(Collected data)
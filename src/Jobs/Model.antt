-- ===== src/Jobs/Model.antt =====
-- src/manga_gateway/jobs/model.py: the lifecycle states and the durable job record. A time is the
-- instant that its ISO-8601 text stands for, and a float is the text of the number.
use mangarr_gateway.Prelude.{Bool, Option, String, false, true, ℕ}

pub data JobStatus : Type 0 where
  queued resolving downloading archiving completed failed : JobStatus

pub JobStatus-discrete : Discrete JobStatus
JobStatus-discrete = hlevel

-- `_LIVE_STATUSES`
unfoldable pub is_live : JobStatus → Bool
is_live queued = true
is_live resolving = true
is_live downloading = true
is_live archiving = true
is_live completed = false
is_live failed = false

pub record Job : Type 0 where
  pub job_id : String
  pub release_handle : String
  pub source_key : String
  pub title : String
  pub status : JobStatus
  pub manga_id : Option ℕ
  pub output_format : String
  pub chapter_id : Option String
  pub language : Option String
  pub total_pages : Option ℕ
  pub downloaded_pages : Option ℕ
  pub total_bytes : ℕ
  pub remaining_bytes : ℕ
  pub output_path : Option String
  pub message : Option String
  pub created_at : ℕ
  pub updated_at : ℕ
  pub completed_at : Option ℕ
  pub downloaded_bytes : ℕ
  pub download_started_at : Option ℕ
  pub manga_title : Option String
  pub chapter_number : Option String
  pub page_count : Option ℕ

* * *

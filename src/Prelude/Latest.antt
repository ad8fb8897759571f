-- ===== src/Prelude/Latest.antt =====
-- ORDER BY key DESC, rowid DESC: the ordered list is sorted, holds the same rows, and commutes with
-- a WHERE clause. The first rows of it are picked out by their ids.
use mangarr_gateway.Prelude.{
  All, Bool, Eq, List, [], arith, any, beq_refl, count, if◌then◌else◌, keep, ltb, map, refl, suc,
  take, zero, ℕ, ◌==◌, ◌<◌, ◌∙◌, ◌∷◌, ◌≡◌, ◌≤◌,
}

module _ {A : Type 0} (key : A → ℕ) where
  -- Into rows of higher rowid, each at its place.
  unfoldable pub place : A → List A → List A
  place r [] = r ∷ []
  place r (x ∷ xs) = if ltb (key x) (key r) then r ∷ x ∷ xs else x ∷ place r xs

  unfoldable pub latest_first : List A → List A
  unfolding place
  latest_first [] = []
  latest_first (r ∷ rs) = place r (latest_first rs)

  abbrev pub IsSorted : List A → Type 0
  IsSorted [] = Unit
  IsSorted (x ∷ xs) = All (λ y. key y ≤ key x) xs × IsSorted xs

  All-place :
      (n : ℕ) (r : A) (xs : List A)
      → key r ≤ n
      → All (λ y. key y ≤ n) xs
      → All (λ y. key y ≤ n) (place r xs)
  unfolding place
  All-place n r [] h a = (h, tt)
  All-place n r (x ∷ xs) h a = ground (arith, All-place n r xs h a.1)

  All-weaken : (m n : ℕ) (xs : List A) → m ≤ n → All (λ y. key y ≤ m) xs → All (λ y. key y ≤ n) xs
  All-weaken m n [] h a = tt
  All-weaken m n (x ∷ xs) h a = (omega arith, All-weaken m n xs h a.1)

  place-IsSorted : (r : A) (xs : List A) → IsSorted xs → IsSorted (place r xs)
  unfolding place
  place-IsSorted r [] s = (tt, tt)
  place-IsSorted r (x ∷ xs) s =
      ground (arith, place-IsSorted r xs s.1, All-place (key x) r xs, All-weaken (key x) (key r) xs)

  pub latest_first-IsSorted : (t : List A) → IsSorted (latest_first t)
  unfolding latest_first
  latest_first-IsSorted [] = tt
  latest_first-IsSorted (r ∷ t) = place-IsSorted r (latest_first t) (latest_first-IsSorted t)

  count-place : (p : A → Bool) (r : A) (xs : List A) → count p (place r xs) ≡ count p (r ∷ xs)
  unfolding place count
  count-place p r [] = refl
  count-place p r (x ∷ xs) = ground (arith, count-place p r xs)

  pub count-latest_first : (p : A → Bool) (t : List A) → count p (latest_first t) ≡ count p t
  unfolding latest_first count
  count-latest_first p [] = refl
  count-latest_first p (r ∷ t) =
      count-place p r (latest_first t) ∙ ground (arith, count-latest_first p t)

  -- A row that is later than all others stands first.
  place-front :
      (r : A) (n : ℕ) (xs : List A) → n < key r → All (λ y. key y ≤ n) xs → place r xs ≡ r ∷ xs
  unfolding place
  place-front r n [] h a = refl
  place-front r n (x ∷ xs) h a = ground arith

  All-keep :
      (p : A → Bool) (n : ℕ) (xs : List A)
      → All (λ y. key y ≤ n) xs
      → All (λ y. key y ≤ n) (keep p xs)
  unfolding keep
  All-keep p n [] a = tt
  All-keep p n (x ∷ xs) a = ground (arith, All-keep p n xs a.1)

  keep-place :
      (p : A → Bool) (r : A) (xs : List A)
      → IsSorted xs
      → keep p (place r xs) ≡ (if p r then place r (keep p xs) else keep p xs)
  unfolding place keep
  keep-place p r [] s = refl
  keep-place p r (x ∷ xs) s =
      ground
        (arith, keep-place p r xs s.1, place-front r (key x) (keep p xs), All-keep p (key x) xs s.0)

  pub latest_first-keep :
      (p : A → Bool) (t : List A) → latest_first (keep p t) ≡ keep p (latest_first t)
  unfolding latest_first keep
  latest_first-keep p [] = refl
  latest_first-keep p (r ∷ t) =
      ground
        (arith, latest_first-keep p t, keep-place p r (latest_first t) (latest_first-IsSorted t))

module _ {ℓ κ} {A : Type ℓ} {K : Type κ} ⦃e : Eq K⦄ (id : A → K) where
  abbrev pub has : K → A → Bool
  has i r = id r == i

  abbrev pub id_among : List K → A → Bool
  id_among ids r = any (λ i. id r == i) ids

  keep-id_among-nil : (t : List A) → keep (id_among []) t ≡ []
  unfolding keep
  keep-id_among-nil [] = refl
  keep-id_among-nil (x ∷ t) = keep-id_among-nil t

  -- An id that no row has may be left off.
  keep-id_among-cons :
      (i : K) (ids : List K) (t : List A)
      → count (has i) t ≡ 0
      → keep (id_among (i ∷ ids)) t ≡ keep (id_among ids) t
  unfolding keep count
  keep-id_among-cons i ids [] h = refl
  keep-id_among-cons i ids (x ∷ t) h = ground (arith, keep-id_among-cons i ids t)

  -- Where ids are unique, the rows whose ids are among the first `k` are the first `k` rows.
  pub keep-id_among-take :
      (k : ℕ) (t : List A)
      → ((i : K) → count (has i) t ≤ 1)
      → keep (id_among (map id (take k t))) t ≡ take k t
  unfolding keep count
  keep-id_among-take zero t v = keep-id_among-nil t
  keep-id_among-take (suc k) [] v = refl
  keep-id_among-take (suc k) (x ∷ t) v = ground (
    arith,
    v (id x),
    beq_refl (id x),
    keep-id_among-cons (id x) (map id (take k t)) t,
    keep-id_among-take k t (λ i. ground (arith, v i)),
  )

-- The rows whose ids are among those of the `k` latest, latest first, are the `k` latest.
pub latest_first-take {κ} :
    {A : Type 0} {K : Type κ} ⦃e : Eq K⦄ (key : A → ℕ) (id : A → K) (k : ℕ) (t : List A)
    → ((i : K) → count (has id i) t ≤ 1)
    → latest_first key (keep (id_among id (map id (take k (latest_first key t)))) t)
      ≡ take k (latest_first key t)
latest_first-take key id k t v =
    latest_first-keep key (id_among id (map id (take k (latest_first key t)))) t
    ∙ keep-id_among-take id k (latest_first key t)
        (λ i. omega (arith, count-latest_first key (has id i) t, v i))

--

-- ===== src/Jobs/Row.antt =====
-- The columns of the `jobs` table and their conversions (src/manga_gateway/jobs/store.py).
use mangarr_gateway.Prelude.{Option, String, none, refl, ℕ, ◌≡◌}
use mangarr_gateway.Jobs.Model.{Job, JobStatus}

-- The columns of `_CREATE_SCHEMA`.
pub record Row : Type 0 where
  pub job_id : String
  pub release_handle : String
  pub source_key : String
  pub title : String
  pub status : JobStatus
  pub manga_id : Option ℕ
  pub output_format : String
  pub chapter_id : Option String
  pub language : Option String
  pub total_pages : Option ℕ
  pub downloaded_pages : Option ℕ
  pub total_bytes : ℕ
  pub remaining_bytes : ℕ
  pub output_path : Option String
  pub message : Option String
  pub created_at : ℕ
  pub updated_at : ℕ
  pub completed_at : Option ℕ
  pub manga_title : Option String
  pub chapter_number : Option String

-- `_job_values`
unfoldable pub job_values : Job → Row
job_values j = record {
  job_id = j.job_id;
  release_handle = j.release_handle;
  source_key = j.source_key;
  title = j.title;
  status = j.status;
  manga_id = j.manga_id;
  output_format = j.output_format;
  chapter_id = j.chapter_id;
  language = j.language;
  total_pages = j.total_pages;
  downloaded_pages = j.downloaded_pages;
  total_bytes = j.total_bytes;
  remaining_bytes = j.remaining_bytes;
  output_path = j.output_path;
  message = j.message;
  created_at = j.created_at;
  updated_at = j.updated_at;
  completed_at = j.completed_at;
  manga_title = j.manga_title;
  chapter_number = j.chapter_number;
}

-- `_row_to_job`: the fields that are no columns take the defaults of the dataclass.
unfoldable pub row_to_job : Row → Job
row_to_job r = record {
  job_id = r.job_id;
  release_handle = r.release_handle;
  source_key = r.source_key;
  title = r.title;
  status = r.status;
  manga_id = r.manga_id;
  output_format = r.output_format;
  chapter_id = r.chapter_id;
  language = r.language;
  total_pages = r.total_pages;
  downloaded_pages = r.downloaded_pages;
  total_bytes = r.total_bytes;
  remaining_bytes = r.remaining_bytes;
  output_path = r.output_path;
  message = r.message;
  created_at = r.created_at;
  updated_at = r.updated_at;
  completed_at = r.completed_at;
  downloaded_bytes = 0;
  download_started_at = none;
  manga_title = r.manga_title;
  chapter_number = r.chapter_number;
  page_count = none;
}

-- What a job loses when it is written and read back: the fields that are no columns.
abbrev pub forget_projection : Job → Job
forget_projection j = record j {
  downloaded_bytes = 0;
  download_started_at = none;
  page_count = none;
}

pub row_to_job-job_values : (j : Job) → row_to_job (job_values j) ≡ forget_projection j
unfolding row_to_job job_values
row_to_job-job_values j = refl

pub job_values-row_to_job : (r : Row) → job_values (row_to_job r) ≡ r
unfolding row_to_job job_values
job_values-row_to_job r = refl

#### Problem description
Both end lines included, restate word for word the lines above from the line with "key t)))) t)" to the line with "(λ i. omega", and nothing else.

#### Reply to the exercise
    → latest_first key (keep (id_among id (map id (take k (latest_first key t)))) t)
      ≡ take k (latest_first key t)
latest_first-take key id k t v =
    latest_first-keep key (id_among id (map id (take k (latest_first key t)))) t
    ∙ keep-id_among-take id k (latest_first key t)
        (λ i. omega (arith, count-latest_first key (has id i) t, v i))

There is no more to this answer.